When you run a website, you need to constantly improve and update it to increase its value to both your business and your customers. You can take the methodical approach to this by running controlled experiments.
There are two methods that allow you to run controlled experiments: (1) traditional A/B testing, and (2) multi-armed bandit testing (MAB). Let’s look at traditional A/B testing first.
Traditional A/B Testing
The traditional A/B testing method pits two or more versions of a page against each other. To do this properly, you need to know the current conversion rate of your control, and you need to decide how much of a change you want to detect in your A/B test.

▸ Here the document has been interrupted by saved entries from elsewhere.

-- ===== src/Lsm/SsTable/Walk.antt =====
-- Walking over the pages of a table from a position on, as `NextImpl` does.
use structuredb.Base.{
  ℕ, zero, suc, ◌≤◌, ◌<◌, ◌≡◌, refl, true, false, Option, none, some, List, [], ◌∷◌, ◌++◌, arith,
  length, get_elem?, leb, drop, Bool-cases, inl, inr,
}
use structuredb.Lsm.Types.{Record}
use structuredb.Lsm.Iterator.{IteratorOps, NextIs}
use structuredb.Lsm.Range.{below_upper, take_while}
use structuredb.Lsm.Page.{Page}
use structuredb.Lsm.SsTable.{SsTableIterator, page_count, next_impl, has_more, next}
use structuredb.Lsm.SsTable.Seek.{flat, Filled}
use native.Mathlib.Numerals.{add-one}

-- The records from a position on.
unfoldable pub rest_at : List Page → ℕ → ℕ → List Record
rest_at [] p r = []
rest_at (q ∷ ps) zero r = drop r q ++ flat ps
rest_at (q ∷ ps) (suc p) r = rest_at ps p r

-- A position points to a record, or behind the last page.
abbrev pub Placed : List Page → ℕ → ℕ → Type 0
Placed [] p r = Unit
Placed (q ∷ ps) zero r = r < length q
Placed (q ∷ ps) (suc p) r = Placed ps p r

drop_get :
    (q : Page) (r : ℕ)
    → r < length q
    → (x : Record) × (get_elem? q r ≡ some x) × (drop r q ≡ x ∷ drop (suc r) q)
drop_get [] r h = absurd (omega arith)
drop_get (x ∷ q) zero h = (x, refl, refl)
drop_get (x ∷ q) (suc r) h = drop_get q r (omega arith)

drop_all : (q : Page) (r : ℕ) → length q ≤ r → drop r q ≡ []
drop_all [] zero h = refl
drop_all [] (suc r) h = refl
drop_all (x ∷ q) zero h = absurd (omega arith)
drop_all (x ∷ q) (suc r) h = drop_all q r (omega arith)

pub rest_at_end : (ps : List Page) (p r : ℕ) → length ps ≤ p → rest_at ps p r ≡ []
unfolding rest_at
rest_at_end [] p r h = refl
rest_at_end (q ∷ ps) zero r h = absurd (omega arith)
rest_at_end (q ∷ ps) (suc p) r h = rest_at_end ps p r (omega arith)

pub rest_at_first : (ps : List Page) → rest_at ps 0 0 ≡ flat ps
unfolding rest_at flat
rest_at_first [] = refl
rest_at_first (q ∷ ps) = refl

pub Placed-first : (ps : List Page) (p : ℕ) → Filled ps → Placed ps p 0
Placed-first [] p f = tt
Placed-first (q ∷ ps) zero f = f.0
Placed-first (q ∷ ps) (suc p) f = Placed-first ps p f.1

-- The record at a position, and the position behind it.
record Here (ps : List Page) (p r : ℕ) : Type 0 where
  page : Page
  item : Record
  page_eq : get_elem? ps p ≡ some page
  item_eq : get_elem? page r ≡ some item
  within : leb (length page) (suc r) ≡ false → Placed ps p (suc r)
  split_last : leb (length page) (suc r) ≡ true → rest_at ps p r ≡ item ∷ rest_at ps (suc p) 0
  split_mid : leb (length page) (suc r) ≡ false → rest_at ps p r ≡ item ∷ rest_at ps p (suc r)

here : (ps : List Page) (p r : ℕ) → Placed ps p r → p < length ps → Here ps p r
unfolding rest_at
here [] p r v h = absurd (omega arith)
here (q ∷ ps) zero r v h =
    let (x, e, d) = drop_get q r v in
    record {
      page = q;
      item = x;
      page_eq = refl;
      item_eq = e;
      within = λ l. ground arith;
      split_last = λ l. rw (d, drop_all q (suc r) (ground arith), rest_at_first ps);
      split_mid = λ l. rw d;
    }
here (q ∷ ps) (suc p) r v h =
    let n = here ps p r v (omega arith) in
    record {
      page = n.page;
      item = n.item;
      page_eq = n.page_eq;
      item_eq = n.item_eq;
      within = n.within;
      split_last = n.split_last;
      split_mid = n.split_mid;
    }

-- The iterator's position and the record that it holds ready.
unfoldable pub rest_of : SsTableIterator → List Record
rest_of i = rest_at i.ss_table.pages i.current_page i.current_record

abbrev pub IsValid : SsTableIterator → Type 0
IsValid i = Filled i.ss_table.pages × Placed i.ss_table.pages i.current_page i.current_record

unfoldable pub contents : SsTableIterator → List Record
contents i = elim i.next_record [
  | none ↦ []
  | some r ↦ take_while (below_upper i.range.upper_bound) (r ∷ rest_of i)
]

abbrev pub with_rest : Option Record → List Record → List Record
with_rest none rest = []
with_rest (some r) rest = r ∷ rest

-- What `NextImpl` returns: the record at the position, and a position behind it.
pub record Fetched (i : SsTableIterator) : Type 0 where
  pub item : Option Record
  pub page_no : ℕ
  pub record_no : ℕ
  pub fetched :
      next_impl i ≡ some (item, record i { current_page = page_no; current_record = record_no })
  pub placed : Placed i.ss_table.pages page_no record_no
  pub rest_eq : rest_of i ≡ with_rest item (rest_at i.ss_table.pages page_no record_no)

pub next_impl_lem : (i : SsTableIterator) → IsValid i → Fetched i
unfolding next_impl rest_of
next_impl_lem i (f, v) = elim (Bool-cases (leb (page_count i.ss_table) i.current_page)) [
  | inl done ↦ record {
    item = none;
    page_no = i.current_page;
    record_no = i.current_record;
    fetched = rw (done, next_impl);
    placed = v;
    rest_eq = rest_at_end i.ss_table.pages i.current_page i.current_record (ground arith);
  }
  | inr more ↦
      let n = here i.ss_table.pages i.current_page i.current_record v (ground arith) in
      elim (Bool-cases (leb (length n.page) (suc i.current_record))) [
        | inl last ↦ record {
          item = some n.item;
          page_no = suc i.current_page;
          record_no = 0;
          fetched =
              rw (more, n.page_eq, n.item_eq, add-one i.current_record, last, next_impl)
                (ground arith);
          placed = Placed-first i.ss_table.pages (suc i.current_page) f;
          rest_eq = n.split_last last;
        }
        | inr mid ↦ record {
          item = some n.item;
          page_no = i.current_page;
          record_no = suc i.current_record;
          fetched = rw (more, n.page_eq, n.item_eq, add-one, mid, next_impl) (ground arith);
          placed = n.within mid;
          rest_eq = n.split_mid mid;
        }
      ]
]

pub more_lem :
    (i : SsTableIterator) (r : Record) (rest : List Record)
    → IsValid i
    → contents i ≡ r ∷ rest
    → has_more i ≡ true
unfolding contents take_while has_more
more_lem i r rest v e = ground arith

pub done_lem : (i : SsTableIterator) → IsValid i → contents i ≡ [] → has_more i ≡ false
unfolding contents take_while has_more
done_lem i v e = ground arith

held :
    (i : SsTableIterator) (r : Record) (rest : List Record)
    → contents i ≡ r ∷ rest
    → (i.next_record ≡ some r) × (take_while (below_upper i.range.upper_bound) (rest_of i) ≡ rest)
unfolding contents take_while
held i r rest e = ground arith

next_eq_of :
    (i i' : SsTableIterator) (r : Record) (item : Option Record)
    → next_impl i ≡ some (item, i')
    → i.next_record ≡ some r
    → next i ≡ some (r, record i' { next_record = item })
unfolding next
next_eq_of i i' r item e ready = ground arith

after_next :
    (i : SsTableIterator) (r : Record) (rest : List Record)
    → IsValid i
    → i.next_record ≡ some r
    → take_while (below_upper i.range.upper_bound) (rest_of i) ≡ rest
    → Fetched i
    → NextIs next contents IsValid i r rest
unfolding contents take_while rest_of
after_next i r rest v ready tail n = record {
  after = record i { current_page = n.page_no; current_record = n.record_no; next_record = n.item };
  next_eq = next_eq_of i _ r n.item n.fetched ready;
  after_eq = ground (arith, n.rest_eq, tail);
  after_valid = (v.0, n.placed);
}

pub next_lem :
    (i : SsTableIterator) (r : Record) (rest : List Record)
    → IsValid i
    → contents i ≡ r ∷ rest
    → NextIs next contents IsValid i r rest
next_lem i r rest v e =
    let (ready, tail) = held i r rest e in after_next i r rest v ready tail (next_impl_lem i v)

abbrev pub ss_table_ops : IteratorOps SsTableIterator
ss_table_ops = record {
  has_more = has_more;
  next = next;
  contents = contents;
  valid = IsValid;
  more_lem = more_lem;
  done_lem = done_lem;
  next_lem = next_lem;
}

For example, let's say you want to know if Version A converts at least 10% better than your original (also known as the control). You will be given a specific sample size, which is the number of visitors who must see your experiment.
You must run the experiment until you reach the sample size. You cannot make any statistically valid decisions until then. Afterward, you will only know if it was 10% better or not. You cannot accurately tell if it was 5% or 20% better. To do that, you would need to calculate a new sample size and run the experiment again.
To detect smaller changes (such as 5%), your sample size is larger. While detecting a larger change (such as 20%) will give you a smaller sample size and a quicker experiment. If your version was say 19% better, you wouldn’t accurately know that (you would have to re-run the experiment with a sample size for 19%). If you have more variants than just one, the sample size is larger.
While some people stop experiments as soon as statistical significance is reached, this is wrong. People who do this risk choosing the wrong winner and being stuck with a variant that underperforms other options, thus losing sales.
Now, let's look at multi-armed bandit testing.
Multi-Armed Bandit Testing
The best way to understand multi-armed bandit testing is through an example. Similar to traditional A/B testing, multi-armed bandit tests also pit at least two versions of a page against each other. At first, your traffic will be split evenly between Version A and Version B.
As the experiment runs, the bandit algorithm will continuously analyze how each variant is performing. Using this information will change the fraction of traffic that each variation gets. High-performing variants will get more traffic. The underperforming variants will get less traffic. As the experiment continues to run, the traffic distribution will continue to change.
Advantages of Multi-Armed Bandit Testing
Multi-armed bandit tests have four advantages over traditional A/B tests:
- You don't have to be a data scientist to use them. You do not need to know your current conversion rate or pick a sample size before running your experiment.
- They maximize returns. In a traditional A/B test, if you have one variant that is underperforming (and losing you sales), you have to keep running it until the experiment is concluded (or you invalidate the data). Ending it early might mean you choose the wrong winner. However, because MAB constantly adjusts, you minimize any losses from underperforming variants (they get less and less traffic) without the risk of turning them off completely (the variant that underperforms in the beginning might be the best performing in the long run).
- They are more flexible. Multi-armed bandit tests are more flexible because you can add new variants and stop underperforming variants while the test is running without invalidating the experiment.
- They are adaptive. Some variations perform better, not because they are necessarily better, but because they are new. This can lead to invalid experiments. MABs continue to run forever and can adapt to negate this effect or if customers' tastes change over time.